Abrahamson, Eric, & Freedman, David H. A Perfect Mess: The hidden benefits of disorder
Weidenfeld & Nicolson
In life, there are tidy, organised people, with lives like a showroom. And there are the rest of us.
A lot of readers will be seduced by a title suggesting affirmation of their clutter. In a world of storage and Martha Stewart, here emerges an antidote. Sick of disorder guilt? Abrahamson and Freedman will make you feel better. Not enamoured with the proclamations of neat nazis, they weave a scruffy yarn in favour of living with at least a little clutter.
An interesting theory, apparent to anyone who prefers their own piles-of-stuff-on-the-desk system to an empty surface. But this is a highly protracted premise, and mess is difficult to define. A Perfect Mess is crammed with examples of the benefits of a messy approach to life (the authors’ bias is crystal clear). Some are inspiring, such as the hardware and bookstores that succeed in defiance of market models. Others are hokey, or hopelessly vague: in the chapter titled Optimising Mess, jaywalking is deemed beneficial to cities. But only some jaywalking, and only some cities.
And across all these examples, the net is cast so wide it stretches and breaks. When you find yourself reading about speed humps vs bumps in the latter pages of a long, business-focussed book about mess and disorder, well, you’re a long way fromKansas, Dorothy.
It’s untidily organised, too, with floppy structure meandering drunkenly across subjects, theories, and examples. This makes it even freakier when the authors get all academic on you and introduce their quirky lists. Twelve different types of mess range from “time sprawl” to “distortion”. Types of messy and neat people include “order terrorist” and “mess savant”.

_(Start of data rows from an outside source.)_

-- ===== src/Mysql/Rows/Event.antt =====
-- `BinRowsEvent` of E_ROWS_EVENT.go with `Init`, `Decode` and `decodeRowsEvent`. A slice of rows that
-- is nil is the empty list.
use go_dblog.Prelude.{
  ℕ, zero, suc, ◌+◌, ◌-◌, ◌%◌, ◌^◌, Bool, ◌||◌, Option, none, some, List, [], ◌∷◌, ◌++◌, length,
  drop, ◌==◌, ltb, leb, if◌then◌else◌,
}
use go_dblog.Prelude.Result.{ok, err, panic, ◌>>=◌, guard}
use go_dblog.Prelude.Text.{Bytes}
use go_dblog.Mysql.Bytes.{
  Decoded, unexpected_eof, no_description, no_event_type, fewer_columns, no_progress, from, slice,
  uint,
}
use go_dblog.Mysql.Util.{fixed_length_int, length_encoded_int, bitmap_byte_size}
use go_dblog.Mysql.Column as C
use go_dblog.Mysql.TableMap.{TableMapEvent, Tables, table_id_length}
use go_dblog.Mysql.Rows.Value.{ColumnValue}
use go_dblog.Mysql.Rows.Row.{decode_row_values}

abbrev pub Row : Type 0
Row = List ColumnValue

pub record BinRowsEvent : Type 0 where
  pub version : ℕ
  pub table_id : ℕ
  pub table_id_len : ℕ
  pub flags : ℕ
  pub extra_data : Bytes
  pub column_count : ℕ
  pub columns_bitmap1 : Bytes
  pub columns_bitmap2 : Bytes
  pub schema : Bytes
  pub table : Bytes
  pub rows : List Row
  pub before_rows : List Row
  pub after_rows : List Row
  -- The table id of `DecodeError`, where that is not empty.
  pub unknown_table : Option ℕ

-- The version that `Init` sets.
unfoldable pub rows_version : ℕ → ℕ
rows_version typ =
    if typ == C.write_rows_v1 || typ == C.update_rows_v1 || typ == C.delete_rows_v1
    then 1
    else if typ == C.write_rows_v2
        || typ == C.update_rows_v2
        || typ == C.delete_rows_v2
        || typ == C.partial_update_rows
    then 2
    else 0

unfoldable pub is_update_rows_event : ℕ → Bool
is_update_rows_event typ =
    typ == C.update_rows_v1 || typ == C.update_rows_v2 || typ == C.partial_update_rows

-- `if len(data) < need { return nil, io.ErrUnexpectedEOF }`
unfoldable pub need_bytes : Bytes → ℕ → Decoded (Unit {0})
need_bytes s need = guard (leb need (length s)) unexpected_eof

-- The extra data of version 2, and the position behind it.
unfoldable pub rows_extra : ℕ → Bytes → ℕ → Decoded (Bytes × ℕ)
unfolding need_bytes uint slice
rows_extra version s pos =
    if version == 2
    then (do
      _ ← need_bytes s (pos + 2)
      n ← uint 2 s pos
      _ ← guard (leb 2 n) unexpected_eof
      _ ← need_bytes s (pos + 2 + (n - 2))
      extra ← slice s (pos + 2) (n - 2)
      ok (extra, pos + 2 + (n - 2)))
    else ok ([], pos)

-- `BitmapByteSize(int(columnCount))`, none where that is negative.
unfoldable pub bitmap_size_of : ℕ → Option ℕ
unfolding bitmap_byte_size
bitmap_size_of count =
    if ltb count (2 ^ 63 - 7)
    then some (bitmap_byte_size count)
    else if ltb count (2 ^ 64 - 14)
    then none
    else some 0

-- A bitmap of columns; a negative size passes the check, and the slice's bounds are out of order.
unfoldable pub columns_bitmap : Bytes → ℕ → Option ℕ → Decoded (Bytes × ℕ)
unfolding need_bytes slice
columns_bitmap s pos none = panic
columns_bitmap s pos (some size) = do
  _ ← need_bytes s (pos + size)
  bitmap ← slice s pos size
  ok (bitmap, pos + size)

-- `decodeRowsEvent` up to the lookup of the table: the event and the position.
unfoldable pub decode_rows_head : Bytes → Bytes → ℕ → Decoded (BinRowsEvent × ℕ)
unfolding table_id_length need_bytes slice uint rows_version rows_extra from length_encoded_int
    fixed_length_int columns_bitmap bitmap_size_of is_update_rows_event
decode_rows_head type_header s typ = do
  id_len ← table_id_length type_header ((typ + 255) % 256)
  _ ← need_bytes s (id_len + 2)
  id ← slice s 0 id_len
  flags ← uint 2 s id_len
  extra ← rows_extra (rows_version typ) s (id_len + 2)
  _ ← need_bytes s (extra.1 + 1)
  rest ← from s extra.1
  count ← length_encoded_int rest
  present ← columns_bitmap s (extra.1 + count.2) (bitmap_size_of count.0)
  images ←
      (if is_update_rows_event typ
        then columns_bitmap s present.1 (bitmap_size_of count.0)
        else ok ([], present.1))
  ok (
    record {
      version = rows_version typ;
      table_id = fixed_length_int id;
      table_id_len = id_len;
      flags = flags;
      extra_data = extra.0;
      column_count = count.0;
      columns_bitmap1 = present.0;
      columns_bitmap2 = images.0;
      schema = [];
      table = [];
      rows = [];
      before_rows = [];
      after_rows = [];
      unknown_table = none;
    },
    images.1,
  )

-- A row at the beginning of `s`, and what is behind it; also that of a compressed event in
-- plugin/mariadb/plugin.go. The texts of the two errors differ, and are left out.
unfoldable pub next_row : Bytes → TableMapEvent → ℕ → Bytes → Decoded (Row × Bytes)
unfolding decode_row_values from
next_row s table column_count bitmap = do
  r ← decode_row_values s table column_count bitmap
  _ ← guard (ltb 0 r.1) no_progress
  rest ← from s r.1
  ok (r.0, rest)

-- One round of the loop over the rows: the event with the row in it, and what is behind.
unfoldable pub rows_round :
    ℕ → TableMapEvent → BinRowsEvent → Bytes → Decoded (BinRowsEvent × Bytes)
unfolding next_row is_update_rows_event
rows_round typ table event s = do
  r ← next_row s table event.column_count event.columns_bitmap1
  if is_update_rows_event typ
      then (do
        r' ← next_row r.1 table event.column_count event.columns_bitmap2
        ok (
          record event {
            before_rows = event.before_rows ++ (r.0 ∷ []);
            after_rows = event.after_rows ++ (r'.0 ∷ []);
          },
          r'.1,
        ))
      else ok (record event { rows = event.rows ++ (r.0 ∷ []) }, r.1)

-- A call that may fail in front of one that may run out of fuel.
unfoldable pub and_then : {A B : Type 0} → Decoded A → (A → Option (Decoded B)) → Option (Decoded B)
and_then (ok a) next = next a
and_then (err e) next = some (err e)
and_then panic next = some panic

-- The loop over the rows, on fuel; none where the fuel is used up.
unfoldable pub rows_loop :
    ℕ → ℕ → TableMapEvent → BinRowsEvent → Bytes → Option (Decoded BinRowsEvent)
unfolding rows_round and_then
rows_loop fuel typ table event [] = some (ok event)
rows_loop zero typ table event (b ∷ s) = none
rows_loop (suc fuel) typ table event (b ∷ s) =
    and_then (rows_round typ table event (b ∷ s)) λ r. rows_loop fuel typ table r.0 r.1

-- `tables[id]`, which a nil map has nothing at.
unfoldable pub table_at : Option Tables → ℕ → Option TableMapEvent
table_at none id = none
table_at (some tables) id = tables id

-- The rows from `pos` on, with the table that was found.
unfoldable pub rows_of :
    ℕ → Bytes → BinRowsEvent → ℕ → Option TableMapEvent → Option (Decoded BinRowsEvent)
unfolding rows_loop
rows_of typ s event pos none = some (ok (record event { unknown_table = some event.table_id }))
rows_of typ s event pos (some table) =
    if ltb table.column_count event.column_count
    then some (err (fewer_columns table.column_count event.column_count))
    else rows_loop (length s) typ table
        (record event { schema = table.schema; table = table.table }) (drop pos s)

-- `decodeRowsEvent`; none where the loop is out of fuel.
unfoldable pub decode_rows_event : Bytes → Bytes → Option Tables → ℕ → Option (Decoded BinRowsEvent)
unfolding decode_rows_head rows_of table_at and_then
decode_rows_event s type_header tables typ =
    and_then (decode_rows_head type_header s typ)
      λ head. rows_of typ s head.0 head.1 (table_at tables head.0.table_id)

-- `Decode`, with what it takes from the options.
unfoldable pub decode_rows :
    Option Bytes → Option Tables → ℕ → Bytes → Option (Decoded BinRowsEvent)
unfolding decode_rows_event
decode_rows none tables typ s = some (err no_description)
decode_rows (some type_header) tables typ s =
    if typ == 0 then some (err no_event_type) else decode_rows_event s type_header tables typ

Merely gauche when categorising, A Perfect Mess is insufferable when wielding a broad stereotype. Professional organisers are bad; messy retailers good. Germans are intolerant of mess and expect order, inJapan they are “quicker to get rid of old possessions to make room for the new”, while the French are hyperofficious. Sweeping proclamations, tainted by neither vigorous research nor balanced argument.
It has to be said: this book is a mess.